Social media algorithms come under scrutiny
American tech corporation Oracle is auditing ultra-popular social media platform TikTok’s algorithms and content moderation rules, to check for manipulation by the Chinese Communist Party, Axios reported on Tuesday. The probe is part of parent company ByteDance’s ongoing efforts to clear its name after former president Donald Trump threatened to ban it from the US entirely.
The move is part of “Project Texas,” the company’s response to a BuzzFeed report that revealed some China-based employees had access to TikTok users’ data. TikTok CEO Shou Zi Chew described the project as an effort to “help build trust with users and key stakeholders by improving our systems and controls” as well as to “make substantive progress toward compliance with the final agreement with the US government that will fully safeguard user data and US national security interests.”
TikTok admitted that some Chinese employees are able to access its data but insisted this was “subject to a series of robust cybersecurity controls and authorization approval protocols overseen by our US-based security team.” The company has also promised its AI will be trained in Oracle’s cloud and pledged to move all US users’ data to Oracle servers located in the US. It will delete users’ private data from its own servers and “fully pivot to Oracle cloud servers located in the US,” it reassured Washington in a statement following the BuzzFeed debacle.
BuzzFeed’s article inspired a bipartisan revival of anti-TikTok sentiment and led Federal Communications Commission head Brendan Carr to entreat Apple and Google to remove the app from their app stores, claiming its “pattern of surreptitious data practices” poses “an unacceptable national security risk.” He described ByteDance as “an organization that is beholden to the Communist Party of China and required by the Chinese law to comply with PRC’s surveillance demands.”

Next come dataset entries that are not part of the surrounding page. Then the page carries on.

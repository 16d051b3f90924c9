-- ===== src/Streams/Setup.antt =====
-- `setupStream`.
use soapy_sidekiq.Base.{
  ℕ, ◌==◌, ◌-◌, ◌/◌, ◌%◌, ◌||◌, Bool, true, false, not, Option, none, some, List, Outcome, ok,
  throw, invalid_argument, runtime_error, leb, if◌then◌else◌,
}
use soapy_sidekiq.Base.Int.{ℤ, pos, eqb_ℤ, pos_part, ltb_ℤ}
use soapy_sidekiq.StreamRequest.{
  StreamDirection, rx, tx, StreamRequest, StreamFormat, cs16, cf32, validate_stream_request,
}
use soapy_sidekiq.Tx.{initialize_buffers}
use soapy_sidekiq.Tx.BlockPool.{Allocation, Built, build_pool}
use soapy_sidekiq.Streams.{
  Constants, StreamHandle, Device, Called, stream_direction, active_stream, num_channels,
  get_handle,
}

-- What the SDK and the allocators answer: the status of each call, with the value that it stores.
pub record SetupSdk : Type 0 where
  pub rx_block_size : ℤ
  pub system_frequency : ℤ × ℕ
  pub iq_order : ℤ
  pub transfer_timeout : ℤ
  pub address : ℕ
  pub allocations : List Allocation

abbrev pub is_some {ℓ} : {A : Type ℓ} → Option A → Bool
is_some none = false
is_some (some a) = true

abbrev pub is_cs16 : StreamFormat → Bool
is_cs16 cs16 = true
is_cs16 cf32 = false

abbrev pub word_bytes : ℕ
word_bytes = 4

-- `setupStream` for RX, from the read of the block size on.
unfoldable pub publish_rx : SetupSdk → StreamHandle → Device → Called ℕ
publish_rx sdk h d =
    if not (eqb_ℤ sdk.transfer_timeout (pos 0))
    then (throw runtime_error, d)
    else (ok h.address, record d { active_rx_stream = some h })

unfoldable pub order_rx : SetupSdk → StreamHandle → Device → Called ℕ
order_rx sdk h d =
    if not (eqb_ℤ sdk.system_frequency.0 (pos 0))
    then (throw runtime_error, d)
    else if d.iq_swap
    then if not (eqb_ℤ sdk.iq_order (pos 0)) then (throw runtime_error, d) else publish_rx sdk h d
    else publish_rx sdk h d

unfoldable pub setup_rx : Constants → SetupSdk → StreamHandle → StreamFormat → Device → Called ℕ
setup_rx k sdk h format d =
    let bytes = pos_part sdk.rx_block_size in
    let d' = record d {
      rx_payload_size_in_words = (bytes - k.rx_header_size) / word_bytes;
      rx_use_short = is_cs16 format;
      sys_freq = sdk.system_frequency.1;
    } in
    if ltb_ℤ sdk.rx_block_size (pos 0)
    then (throw runtime_error, d)
    else if leb bytes k.rx_header_size || not (bytes % word_bytes == 0)
    then (throw runtime_error, d)
    else order_rx sdk h d'

-- `initializeTxBuffers`: the pool is built before a member changes.
unfoldable pub with_buffers : Built → Device → Called (Unit {0})
with_buffers built d = by_outcome built.outcome
  where
    by_outcome : Outcome (List ℕ) → Called (Unit {0})
    by_outcome (throw e) = (throw e, d)
    by_outcome (ok blocks) =
        (ok tt, record d { tx = initialize_buffers d.tx_buffer_count d.tx; has_tx_blocks = true })

abbrev pub publish_tx : StreamHandle → Called (Unit {0}) → Called ℕ
publish_tx h (throw e, d) = (throw e, d)
publish_tx h (ok done, d) = (ok h.address, record d { active_tx_stream = some h })

-- `setupStream` for TX.
unfoldable pub setup_tx : SetupSdk → StreamHandle → StreamFormat → Device → Called ℕ
setup_tx sdk h format d =
    let d' = record d { tx_use_short = is_cs16 format; sys_freq = sdk.system_frequency.1 } in
    if not (eqb_ℤ sdk.system_frequency.0 (pos 0))
    then (throw runtime_error, d')
    else publish_tx h
        (with_buffers (build_pool d'.tx_buffer_count d'.tx.block_size sdk.allocations) d')

abbrev pub with_handle :
    Constants → SetupSdk → StreamRequest → StreamDirection → Device → Outcome ℕ → Called ℕ
with_handle k sdk r direction d (throw e) = (throw e, d)
with_handle k sdk r rx d (ok handle) =
    setup_rx k sdk
      (record {
        address = sdk.address;
        direction = rx;
        channel = r.channel;
        rx_handle = handle;
        tx_handle = k.no_handle;
      })
      r.format d
with_handle k sdk r tx d (ok handle) =
    setup_tx sdk
      (record {
        address = sdk.address;
        direction = tx;
        channel = r.channel;
        rx_handle = k.no_handle;
        tx_handle = handle;
      })
      r.format d

abbrev pub requested :
    Constants → SetupSdk → Bool → StreamDirection → Device → Outcome StreamRequest → Called ℕ
requested k sdk has_args direction d (throw e) = (throw e, d)
requested k sdk has_args direction d (ok r) =
    if has_args
    then (throw invalid_argument, d)
    else with_handle k sdk r direction d (get_handle d direction r.channel)

abbrev pub directed :
    Constants → SetupSdk → List ℕ → List ℕ → Bool → Device → Outcome StreamDirection → Called ℕ
directed k sdk format channels has_args d (throw e) = (throw e, d)
directed k sdk format channels has_args d (ok direction) = requested k sdk has_args direction d (
    validate_stream_request direction format channels (num_channels d direction)
      (is_some (active_stream d direction)))

-- `setupStream`. `has_args` is `!args.empty()`.
unfoldable pub setup_stream : Constants → SetupSdk → ℤ → List ℕ → List ℕ → Bool → Device → Called ℕ
setup_stream k sdk direction format channels has_args d =
    directed k sdk format channels has_args d (stream_direction k direction)
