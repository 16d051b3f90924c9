-- ===== src/Streams/Ownership.antt =====
-- Which streams a device has, and what they own of the hardware.
pub mod Stopped
pub mod Deactivating
pub mod Closing
pub mod Opening
pub mod Launched
pub mod Starting
pub mod Reachable
use soapy_sidekiq.Base.{
  ℕ, ◌≡◌, ◌≢◌, ◌⊎◌, ◌==◌, ==_iff, refl, sym, ◌∙◌, ap, inl, inr, Bool, true, false, not, ◌&&◌,
  Bool-cases, arith, Option, none, some, if◌then◌else◌,
}
use soapy_sidekiq.RxSession.{Session}
use soapy_sidekiq.RxSession.Lifecycle.{owns_hardware_or_worker}
use soapy_sidekiq.StreamRequest.{StreamDirection, rx, tx}
use soapy_sidekiq.Streams.{StreamHandle, Device, find_stream_handle, is_at}
use soapy_sidekiq.Streams.Setup.{is_some}

abbrev pub owns_rx : Option Session → Bool
owns_rx none = false
owns_rx (some s) = owns_hardware_or_worker s

-- A stream of one direction, at an address.
abbrev pub IsStream : StreamDirection → Option StreamHandle → Type 0
IsStream direction none = Unit
IsStream direction (some h) = (h.direction ≡ direction) × (h.address ≢ 0)

abbrev pub Apart : Option StreamHandle → Option StreamHandle → Type 0
Apart none g = Unit
Apart (some h) none = Unit
Apart (some h) (some g) = h.address ≢ g.address

pub record IsSound (d : Device) : Type 0 where
  pub rx_stream : IsStream rx d.active_rx_stream
  pub tx_stream : IsStream tx d.active_tx_stream
  pub apart : Apart d.active_rx_stream d.active_tx_stream
  -- Hardware that is owned has a stream, by which it can be stopped.
  pub rx_held : owns_rx d.session ≡ true → is_some d.active_rx_stream ≡ true
  pub tx_held : d.tx_stream_active ≡ true → is_some d.active_tx_stream ≡ true
  -- A thread that starts TX belongs to an activation.
  pub thread_active : d.tx_thread ≡ true → d.tx_stream_active ≡ true

-- A token that was found is the one of its direction.
pub find_stream-active :
    (d : Device) (stream : ℕ) (h : StreamHandle)
    → IsSound d
    → find_stream_handle d stream ≡ some h
    → ((h.direction ≡ rx) × (d.active_rx_stream ≡ some h))
      ⊎ ((h.direction ≡ tx) × (d.active_tx_stream ≡ some h))
unfolding find_stream_handle
find_stream-active d stream h v e =
    by_place (stream == 0) (is_at stream d.active_rx_stream) (is_at stream d.active_tx_stream) e
  where
    streams :
        (direction : StreamDirection) (place : Option StreamHandle)
        → IsStream direction place
        → place ≡ some h
        → h.direction ≡ direction
    streams direction none w f = cc f
    streams direction (some g) w f = cc (f, w.0)

    by_place :
        (null at_rx at_tx : Bool)
        → (if null
            then none
            else if at_rx
            then d.active_rx_stream
            else if at_tx
            then d.active_tx_stream
            else none)
          ≡ some h
        → ((h.direction ≡ rx) × (d.active_rx_stream ≡ some h))
          ⊎ ((h.direction ≡ tx) × (d.active_tx_stream ≡ some h))
    by_place true at_rx at_tx f = cc f
    by_place false true at_tx f = inl (streams rx d.active_rx_stream v.rx_stream f, f)
    by_place false false true f = inr (streams tx d.active_tx_stream v.tx_stream f, f)
    by_place false false false f = cc f

-- A call that leaves the device sound, with the streams that it had.
pub record Keeps (d d' : Device) : Type 0 where
  pub sound : IsSound d'
  pub same_rx : d'.active_rx_stream ≡ d.active_rx_stream
  pub same_tx : d'.active_tx_stream ≡ d.active_tx_stream

pub Keeps-refl : (d : Device) → IsSound d → Keeps d d
Keeps-refl d v = record { sound = v; same_rx = refl; same_tx = refl }

-- A session that owns no more than before.
pub with_session-Keeps :
    (d : Device) (s : Option Session)
    → IsSound d
    → (owns_rx s ≡ true → is_some d.active_rx_stream ≡ true)
    → Keeps d (record d { session = s })
with_session-Keeps d s v h = record {
  sound = record {
    rx_stream = v.rx_stream;
    tx_stream = v.tx_stream;
    apart = v.apart;
    rx_held = h;
    tx_held = v.tx_held;
    thread_active = v.thread_active;
  };
  same_rx = refl;
  same_tx = refl;
}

US tech giants have reason to fear TikTok wholly unrelated to any potential Chinese government links, as the app gets more engagement per day from users than comparable American-made apps like Instagram and Snapchat. Coupled with the fact that TikTok’s algorithm is hailed in the tech press for “knowing users better than they do themselves” – the app has become infamous for its alleged ability to guess users’ sexuality, uncover past traumas that may or may not exist, and even inspire mental illness – it’s not hard to see why American Big Tech wants to understand what makes it tick.